7. The high pier verticality intelligent monitoring and control system according to claim 1, wherein, The prediction execution and collaborative optimization module specifically includes the following steps: based on the target correction amount, real-time attitude data, an actuator dynamic response model, and a pier structure mechanics model; generating a collaborative control sequence for suppressing secondary disturbance in the correction process by solving an optimal control problem; wherein the objective function of the optimal control problem includes an optimization term for making the pier attitude change smoothly approach the target correction amount and an optimization term for suppressing vibration during actuator action.

8. The high pier verticality intelligent monitoring and control system according to claim 1, wherein, The deviation correction execution module includes a cluster of multiple hydraulic jacks, which is used to parse the collaborative control sequence into thrust and displacement instructions of each hydraulic jack, and to perform synchronous or asynchronous driving control to physically adjust the high pier.

9. The high pier verticality intelligent monitoring and control system according to claim 1, wherein, The feedback checking module specifically includes the following steps: obtaining the actual attitude change after the deviation correction execution module completes the physical adjustment; calculating the prediction error between the actual attitude change and the attitude change predicted when the collaborative control sequence is generated by the prediction execution and collaborative optimization module; According to the prediction error, calling an optimization algorithm to update the model parameters of the actuator dynamic response model and the pier structure mechanics model online to reduce the prediction error of subsequent correction actions.

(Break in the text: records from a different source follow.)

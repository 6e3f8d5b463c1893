-- ===== src/Runtime/Bind.antt =====
-- src/runtime/runtime.cpp: which channel a stream runs on, and the priority it is programmed to.
use softgpu.Base.{
  ℕ, zero, suc, ◌+◌, ◌-◌, ◌%◌, ◌^◌, Option, none, some, Bool, true, not, ◌&&◌, ltb, ◌==◌,
  if◌then◌else◌, update,
}
use softgpu.Errno.{Rc, ok}
use softgpu.Integers.{ℤ, ltb_int}
use softgpu.Device.Runlist.{is_ok}
use softgpu.Device.{priority_least, is_default}
use softgpu.Runtime.{
  SgError, sg_ok, not_initialized, invalid_value, from_errno, Stream, ChanBind, Runtime, new_stream,
  is_open,
}
use softgpu.Runtime.Api.{Priorities}

-- clamp_priority
abbrev pub clamp_priority : {D : Type 0} → Runtime D → ℤ → ℤ
clamp_priority rt p =
    if ltb_int p rt.prio_greatest
    then rt.prio_greatest
    else if ltb_int rt.prio_least p
    then rt.prio_least
    else p

-- `a == b`
abbrev pub eq_int : ℤ → ℤ → Bool
eq_int a b = not (ltb_int a b) && not (ltb_int b a)

-- `found < 0 || users < best_users`
abbrev pub fewer : ℕ → Option (ℕ × ℕ) → Bool
fewer users none = true
fewer users (some (c, best)) = ltb users best

-- The first loop of `bind_channel`, from channel c on: `found` and `best_users`.
unfoldable pub least_users : (ℕ → ChanBind) → ℤ → ℕ → ℕ → Option (ℕ × ℕ) → Option (ℕ × ℕ)
least_users bind p c zero best = best
least_users bind p c (suc n) best = least_users bind p (suc c) n (
    if eq_int (bind c).priority p && fewer (bind c).users best
    then some (c, (bind c).users)
    else best)

-- The second loop: the first channel without users.
unfoldable pub first_unused : (ℕ → ChanBind) → ℕ → ℕ → Option ℕ
first_unused bind c zero = none
first_unused bind c (suc n) = if (bind c).users == 0 then some c else first_unused bind (suc c) n

module _ {D : Type 0} (api : Priorities D) where
  -- set_priority_all, over engines e, ..., e + n - 1.
  unfoldable pub set_priority_from : ℕ → ℤ → ℕ → ℕ → D → Rc × D
  set_priority_from c p e zero d = (ok, d)
  set_priority_from c p e (suc n) d =
      let (rc, d') = api.set_priority e c p d in
      let rest = set_priority_from c p (suc e) n d' in if is_ok rc then rest else (rc, d')

  -- set_priority_all
  unfoldable pub set_priority_all : Runtime D → ℕ → ℤ → Rc × Runtime D
  unfolding set_priority_from
  set_priority_all rt c p =
      let (rc, d) = set_priority_from c p 0 rt.num_engines rt.drv in (rc, record rt { drv = d })

  -- One more user of a channel, which the stream is given.
  unfoldable pub take_channel : Runtime D → ℕ → SgError × Option ℕ × Runtime D
  take_channel rt c =
      let b = rt.bind c in
      (sg_ok, some c, record rt { bind = update rt.bind c (record b { users = suc b.users }) })

  -- The channel of the second loop, programmed; `none` when every channel has users.
  unfoldable pub claim_unused : Runtime D → ℤ → Option ℕ → SgError × Option ℕ × Runtime D
  unfolding set_priority_all take_channel
  claim_unused rt p none = (invalid_value, none, rt)
  claim_unused rt p (some c) =
      let (rc, rt') = set_priority_all rt c p in
      let (_, undone) = set_priority_all rt' c priority_least in
      if is_ok rc
      then take_channel
          (record rt' { bind = update rt'.bind c (record (rt'.bind c) { priority = p }) }) c
      else (from_errno rc, none, undone)

  unfoldable pub bind_found : Runtime D → ℤ → Option (ℕ × ℕ) → SgError × Option ℕ × Runtime D
  unfolding claim_unused first_unused take_channel
  bind_found rt p (some (c, users)) = take_channel rt c
  bind_found rt p none = claim_unused rt p (first_unused rt.bind 0 rt.num_channels)

  -- bind_channel: `s->channel` is the second component.
  unfoldable pub bind_channel : Runtime D → ℤ → SgError × Option ℕ × Runtime D
  unfolding bind_found least_users
  bind_channel rt p = bind_found rt p (least_users rt.bind p 0 rt.num_channels none)

  -- unbind_channel, for the stream's channel c.
  unfoldable pub unbind_channel : Runtime D → ℕ → Runtime D
  unfolding set_priority_all
  unbind_channel rt c =
      let b = record (rt.bind c) { users = (rt.bind c).users - 1 } in
      let rt' = record rt { bind = update rt.bind c b } in
      let (rc, reset) = set_priority_all rt' c priority_least in
      if (b.users == 0) && not (is_default b.priority)
      then (if is_ok rc
          then record reset { bind = update reset.bind c (record b { priority = priority_least }) }
          else reset)
      else rt'

  -- `g_num_ce ? 1 + (s->id % g_num_ce) : 0`
  abbrev pub copy_engine : Runtime D → ℕ → ℕ
  copy_engine rt id = if rt.num_ce == 0 then 0 else 1 + id % rt.num_ce

  unfoldable pub created :
      ℕ → Stream → SgError × Option ℕ × Runtime D → SgError × Option ℕ × Runtime D
  created address s (e, none, rt) = (e, none, rt)
  created address s (e, some c, rt) = (
    e,
    some address,
    record rt { streams = update rt.streams address (some (record s { channel = c })) },
  )

  -- create_stream with a non-null `out`: `address` is what `new` returns, and the result `*out`.
  unfoldable pub create_stream : Runtime D → ℕ → ℤ → SgError × Option ℕ × Runtime D
  unfolding bind_channel created
  create_stream rt address p =
      let id = rt.next_stream_id in
      let rt' = record rt { next_stream_id = (id + 1) % 2 ^ 32 } in
      let s = record new_stream { id = id; ce = copy_engine rt id } in
      if not (is_open rt)
      then (not_initialized, none, rt)
      else created address s (bind_channel rt' (clamp_priority rt p))

  unfoldable pub destroy_found : Runtime D → ℕ → Option Stream → SgError × Runtime D
  unfolding unbind_channel
  destroy_found rt address none = (invalid_value, rt)
  destroy_found rt address (some s) =
      let rt' = unbind_channel rt s.channel in
      (sg_ok, record rt' { streams = update rt'.streams address none })

  -- sgStreamDestroy of a stream's address, or of null where there is none.
  unfoldable pub stream_destroy : Runtime D → ℕ → SgError × Runtime D
  unfolding destroy_found
  stream_destroy rt address =
      if not (is_open rt)
      then (not_initialized, rt)
      else destroy_found rt address (rt.streams address)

10. The device for intelligent monitoring and control of high pier verticality, applied to the system for intelligent monitoring and control of high pier verticality according to any one of claims 1-9, characterized in that, including; Support base (1), the upper surface of the support base (1) is fixedly connected with support frame (2), the upper surface of the support frame (2) is fixedly connected with laser tracker (3), the upper surface of the support frame (2) is fixedly connected with support rod (4), one end of the support rod (4) is fixedly connected with wind speed and direction instrument (5), the upper surface of the wind speed and direction instrument (5) is fixedly connected with sunshine intensity meter (6), the upper surface of the support base (1) is fixedly connected with support column (16), the outer wall of the support column (16) is fixedly connected with fixed frame (7), the lower surface of the fixed frame (7) is fixedly connected on the upper surface of support base (1), the upper surface of the support base (1) is fixedly connected with hydraulic jack (8), the output end of the hydraulic jack (8) is fixedly connected with connecting frame three (19), the inside of the connecting frame three (19) is rotatably connected with connecting rod (15), the outer wall of the connecting rod (15) is fixedly connected with rotating block (18), the outer wall of the rotating block (18) is rotatably connected in the inner wall of support column (16), one end of the connecting rod (15) is rotatably connected with connecting frame one (13), the outer wall of the connecting frame one (13) is fixedly connected with rolling frame (14), the upper surface of the support column (16) is fixedly connected with fixed plate (9), the inside of the fixed plate (9) is slidably connected with sliding rod (12), one end of the sliding rod (12) is rotatably connected with connecting frame two (17), the outer wall of the connecting frame two (17) is fixedly connected with three-axis gyroscope sensor (10), the outer wall of the sliding rod (12) is fixedly connected with spring (11), one end of the spring (11) is fixedly connected in the outer wall of fixed plate (9).